# FQHESphereBosonsProjectorHamiltonian

FQHESphereBosonsProjectorHamiltonian allows to handle hamiltonians defined through a sum of k-body projectors (see Simon et al.). All basic options to tune the diagonalization are identical to those of QHEFermionsTwoBodyGeneric. The sum projector is defined through either a single state (for a single projector) or a list of states provided to a single column formatted text file. The Hamiltonian is then

$H=\sum_i \left|\Psi_i(z_1,...,z_k)\right\rangle \left\langle \Psi_i(z_1,...,z_k)\right|$

All the states need to have the same number of particles and the same number of flux quanta. If there is a single state for the projector, it can be set --projector-state. Otherwise you can use the --multiple-projectors . It takes a single column formated text file that gives the list of vectors. Beware that FQHESphereBosonsProjectorHamiltonian breaks the L symmetry (unless you build the projector to do so). A way to overcome this problem relies on using the --use-hilbert option and a subspace with a fixed total angular momentum.

## Generating a state with a given vanishing property

FQHESphereBosonsProjectorHamiltonian can be used to generate a state with a given vanishing property. For example, if you want to reproduce the results of Simon et al., here is the procedure. In this paper, the authors were interested in the densest $L=0$ states.

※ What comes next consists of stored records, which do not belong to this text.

-- ===== src/Tests/Services.antt =====
-- Logging, the middleware and the limiter's answer on concrete requests (app/core,
-- app/services/ratelimit).
use voice_spend.Prelude.{◌≡◌, ◌<◌, refl, ◌⊎◌, String, true, none, some, [], ◌∷◌, ok, err, map}
use voice_spend.Http.{retry_after}
use voice_spend.Ops.Logging.{
  redact_headers, Headers, LogRecord, is_standard, set_key, add_attributes, format, Payload,
}
use voice_spend.Ops.Logging.Secrets.{
  header, IsSecret, IsLoggable, redact_headers-shown, format-IsLoggable,
}
use voice_spend.Ops.Requests.{info, Request, Telemetry, Handler, request_id_of, dispatch}
use voice_spend.Ops.Requests.Correlation.{IsCorrelated, dispatch-IsCorrelated}
use voice_spend.RateLimit.{
  device, Redis, live, store_counter, incremented, hit, retry_seconds, decide, minute, day, Limits,
  enforce,
}
use voice_spend.RateLimit.Windows.{count_of}
use voice_spend.RateLimit.Retry.{IsSpent, enforce-IsSpent}
use voice_spend.Tests.Data.{small_python}

abbrev headers : Headers
headers = ("authorization", "Bearer abc") ∷ ("accept", "text/plain") ∷ []

redact_headers-shown_example :
    (map (λ h. h.0) (redact_headers small_python headers) ≡ map (λ h. h.0) headers)
    × ((key value : String)
        → header key headers ≡ some value
        → (IsSecret (small_python.lower key)
            → header key (redact_headers small_python headers) ≡ some "***REDACTED***")
          × (¬ IsSecret (small_python.lower key)
              → header key (redact_headers small_python headers) ≡ some value))
redact_headers-shown_example = redact_headers-shown small_python headers

abbrev line : LogRecord
line = record {
  levelname = "INFO";
  name = "app";
  message = "request completed";
  attributes = ("msecs", some "3") ∷ ("route", some "/parse") ∷ [];
  exc_info = none;
}

abbrev own_keys : Payload
own_keys =
    ("timestamp", "t")
    ∷ ("level", "INFO")
    ∷ ("logger", "app")
    ∷ ("message", "request completed")
    ∷ []

format-IsLoggable_example :
    (◌≡◌ {A = String} "route" "exc_info") ⊎ IsLoggable line.attributes own_keys "route"
unfolding format add_attributes is_standard set_key
format-IsLoggable_example = format-IsLoggable "t" line "route" refl

abbrev request : Request
request = record { method = "POST"; route = some "/api/v1/parse"; x_request_id = some "abc" }

-- A handler that logs a line of its own, with the request id that it sees.
abbrev respond : Handler
respond id = (
  ok (record { status_code = 200; headers = [] }),
  [],
  record {
    level = info;
    message = "parsed";
    route = "/api/v1/parse";
    method = "POST";
    status_code = 200;
    request_id = id;
  }
      ∷ [],
)

abbrev quiet : Telemetry
quiet = record { request_id = none; metrics = []; logs = [] }

dispatch-IsCorrelated_example :
    let (answer, after) = dispatch request "drawn" respond quiet in
    IsCorrelated request (request_id_of request "drawn") respond quiet answer after
dispatch-IsCorrelated_example = dispatch-IsCorrelated request "drawn" respond quiet

abbrev one_a_minute : Limits
one_a_minute = record { per_minute = 1; per_day = 100; fail_open = true }

abbrev one_hit : Redis
one_hit = record { scope = device 10; window = 60; count = 1; expires = 61000 } ∷ []

refused :
    (enforce one_a_minute 5500 true true (device 10) "parse" one_hit).0.0 ≡ err (retry_after 56)
unfolding enforce hit incremented live store_counter decide retry_seconds
refused = refl

enforce-IsSpent_example :
    let after = (enforce one_a_minute 5500 true true (device 10) "parse" one_hit).1 in
    IsSpent 5500 (device 10) one_hit after minute 1 56
    ⊎ ((count_of (live 5500 (device 10) minute one_hit) < 1)
        × IsSpent 5500 (device 10) one_hit after day 100 56)
enforce-IsSpent_example = enforce-IsSpent one_a_minute 5500 (device 10) "parse" one_hit 56 refused
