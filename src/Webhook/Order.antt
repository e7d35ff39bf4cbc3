-- ===== src/Webhook/Order.antt =====
-- Events out of order: the tier and the status of a user's entitlement are those of the latest event.
use voice_spend.Prelude.{
  ℕ, ◌≡◌, refl, ap, sym, ◌∙◌, inl, inr, Bool, true, false, Option, none, some, ok, arith,
  if◌then◌else◌, Bool-cases, eqb_refl, ok-injective, >>=-eq-ok,
}
use voice_spend.Prelude.Int.{ℤ, pos, ltb_ℤ}
use voice_spend.Models.{Uuid, Tier, EntitlementStatus, Store, Entitlement, Db}
use voice_spend.Http.{Env, Python}
use voice_spend.Metering.Signal.{find_entitlement}
use voice_spend.Webhook.{
  RevenueCatEvent, event_state, is_stale, transition, store_transition, handle_user_event, Handled,
  resolve_store, apply_entitlement_transition,
}
use voice_spend.Webhook.Frame.{find_entitlement-put, transition-user, apply-eq-ok}

-- The part of an entitlement that the types and the times of events decide: the tier, the status and
-- the time of the last event. The end of the current period is left out.
abbrev pub Access : Type 0
Access = Option ((Tier × EntitlementStatus) × Option ℤ)

abbrev pub access : Option Entitlement → Access
access none = none
access (some e) = some ((e.tier, e.status), e.last_event_ts_ms)

abbrev is_before : ℤ → Access → Bool
is_before ts none = false
is_before ts (some (_, none)) = false
is_before ts (some (_, some last)) = ltb_ℤ ts last

-- The latest of what is known and an event.
abbrev pub latest : Access → ℤ → Tier × EntitlementStatus → Access
latest known ts state = if is_before ts known then known else some (state, some ts)

is_stale-access : (ts : ℤ) (o : Option Entitlement) → is_stale ts o ≡ is_before ts (access o)
unfolding is_stale
is_stale-access ts none = refl
is_stale-access ts (some e) = ground arith

access-transition :
    (env : Env) (u : Uuid) (event : RevenueCatEvent) (store : Option Store) (end : Option ℕ)
    (state : Tier × EntitlementStatus) (o : Option Entitlement)
    → access (some (transition env u event store end state o))
      ≡ some (state, some event.event_timestamp_ms)
unfolding transition
access-transition env u event store end (tier, status) none = refl
access-transition env u event store end (tier, status) (some old) = refl

access-store_transition :
    (py : Python) (env : Env) (u : Uuid) (event : RevenueCatEvent)
    (state : Tier × EntitlementStatus) (db : Db) (end : Option ℕ)
    → access (find_entitlement u (store_transition py env u event state db end).entitlements)
      ≡ some (state, some event.event_timestamp_ms)
unfolding store_transition
access-store_transition py env u event state db end =
    let store = resolve_store py event.store in
    let e = transition env u event store end state (find_entitlement u db.entitlements) in
    rw
      (
        find_entitlement-put u e db.entitlements,
        transition-user env u event store end state db.entitlements,
        eqb_refl u,
      )
      (access-transition env u event store end state (find_entitlement u db.entitlements))

-- Handling an event of a known type takes the latest of what is stored and the event.
access-handle_user_event :
    (py : Python) (env : Env) (u : Uuid) (event : RevenueCatEvent)
    (state : Tier × EntitlementStatus) (db : Db) (x : Handled)
    → event_state event.event_type ≡ some state
    → handle_user_event py env u event db ≡ ok x
    → access (find_entitlement u x.db.entitlements)
      ≡ latest (access (find_entitlement u db.entitlements)) event.event_timestamp_ms state
unfolding handle_user_event
access-handle_user_event py env u event state db x known h =
    let o = find_entitlement u db.entitlements in
    let ts = event.event_timestamp_ms in
    elim (Bool-cases (is_stale ts o)) [
      | inl stale ↦
          let same =
            ap (λ (y : Handled). y.db) (sym (ok-injective (rw (stale, handle_user_event) at h))) in
          rw (same, sym (is_stale-access ts o), stale) refl
      | inr fresh ↦
          let h₁ = rw (fresh, known, handle_user_event) at h in
          let (db', done, e) =
            >>=-eq-ok (apply_entitlement_transition py env u event state db)
              (λ db'. ok (record { outcome = "applied"; status = "processed"; db = db' })) h₁ in
          let (end, stored) = apply-eq-ok py env u event state db db' done in
          rw (sym (is_stale-access ts o), fresh)
            (ap (λ (y : Handled). access (find_entitlement u y.db.entitlements))
                (sym (ok-injective e))
              ∙ ap (λ (d : Db). access (find_entitlement u d.entitlements)) (sym stored)
              ∙ access-store_transition py env u event state db end)
    ]

-- What is known, then an earlier and a later event, in either order.
latest_last :
    (known : Access) (a b : ℤ) (s t : Tier × EntitlementStatus)
    → ltb_ℤ a b ≡ true
    → latest (latest known a s) b t ≡ latest known b t
latest_last (some (x, some (pos c))) (pos a) (pos b) s t h = ground arith
latest_last _ _ _ s t h = ground arith

latest_first :
    (known : Access) (a b : ℤ) (s t : Tier × EntitlementStatus)
    → ltb_ℤ a b ≡ true
    → latest (latest known b t) a s ≡ latest known b t
latest_first (some (x, some (pos c))) (pos a) (pos b) s t h = ground arith
latest_first _ _ _ s t h = ground arith

-- Of two events of handled types, the second has a strictly later timestamp. Handled in that order or
-- in the other, at whatever times, they leave a user's tier, status and last timestamp as follows:
-- those stored before where their timestamp is later than the second event's, and otherwise those of
-- the second event.
pub handle_user_event-converges :
    (py : Python) (env₁ env₂ env₃ env₄ : Env) (u : Uuid) (a b : RevenueCatEvent)
    (s t : Tier × EntitlementStatus) (db : Db) (x₁ x₂ y₁ y₂ : Handled)
    → event_state a.event_type ≡ some s
    → event_state b.event_type ≡ some t
    → ltb_ℤ a.event_timestamp_ms b.event_timestamp_ms ≡ true
    → handle_user_event py env₁ u a db ≡ ok x₁
    → handle_user_event py env₂ u b x₁.db ≡ ok x₂
    → handle_user_event py env₃ u b db ≡ ok y₁
    → handle_user_event py env₄ u a y₁.db ≡ ok y₂
    → let won = latest (access (find_entitlement u db.entitlements)) b.event_timestamp_ms t in
      (access (find_entitlement u x₂.db.entitlements) ≡ won)
      × (access (find_entitlement u y₂.db.entitlements) ≡ won)
handle_user_event-converges py env₁ env₂ env₃ env₄ u a b s t db x₁ x₂ y₁ y₂ a_known b_known lt h₁ h₂
      h₃ h₄ =
    let known = access (find_entitlement u db.entitlements) in
    let ta = a.event_timestamp_ms in
    let tb = b.event_timestamp_ms in
    (
      access-handle_user_event py env₂ u b t x₁.db x₂ b_known h₂
          ∙ ap (λ (k : Access). latest k tb t)
              (access-handle_user_event py env₁ u a s db x₁ a_known h₁)
          ∙ latest_last known ta tb s t lt,
      access-handle_user_event py env₄ u a s y₁.db y₂ a_known h₄
          ∙ ap (λ (k : Access). latest k ta s)
              (access-handle_user_event py env₃ u b t db y₁ b_known h₃)
          ∙ latest_first known ta tb s t lt,
    )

• You need to generate the subset of $L=0$ states with the root configuration corresponding to the vanishing propert. In the case of the $S_3$ model, this root configuration is 3000300030003... This can be done using FQHESphereL2Diagonalize. For N=6,9,12 and 15, there are respectively 2,3,6 and 10 such states. In the following, we will consider the N=12 case. So we generate 6 states with names bosons_l2_n_12_2s_12_lz_0.0.vec, bosons_l2_n_12_2s_12_lz_0.1.vec , ...
• There are two ways to vanish for 4 particles with a relative angular momentum of 4. These two directions have to be generated for the maximum $L$ and $L_z$. For this case, it corresponds to $L_z=4 N_{\Phi} - 8$.
• One needs to create the state that will be involved in the projector. In the case of $S_3$, we want to give some energy penalty to any state that does not have the right vanishing property. It means one has to create a state that is orthogonal to the vanishing direction we want to select. It is a linear combination of the two states built at previous. Let's name this state bosons_tmp_n_4_2s_12_lz_40.0.vec.
• Know we have the direction we want to penalize, the state that we look for can now be obtain this way :

\$PATHTODIAGHAM/build/FQHE/src/Programs/FQHEOnSphere/FQHESphereBosonsProjectorHamiltonian -p 12 -l 12 --nbr-lz 1 --projector-state bosons_tmp_n_4_2s_12_lz_40.0.vec -n 1 --eigenstate --use-hilbert basis_l2_n_12.dat --interaction-name myinteraction

where basis_l2_n_12.dat is a text file that describes the basis built during the first step i.e.

   Basis=bosons_l2_n_12_2s_12_lz_0.0.vec bosons_l2_n_12_2s_12_lz_0.1.vec bosons_l2_n_12_2s_12_lz_0.2.vec bosons_l2_n_12_2s_12_lz_0.3.vec bosons_l2_n_12_2s_12_lz_0.4.vec bosons_l2_n_12_2s_12_lz_0.5.vec

• if everything went fine, you should obtain a spectrum with a single zero energy state
   # Lz E
0 2.4881430249479e-11
0 0.04049259429013
0 0.045933089627564
0 0.06278290682125
0 0.098049053486934
0 0.11741297257122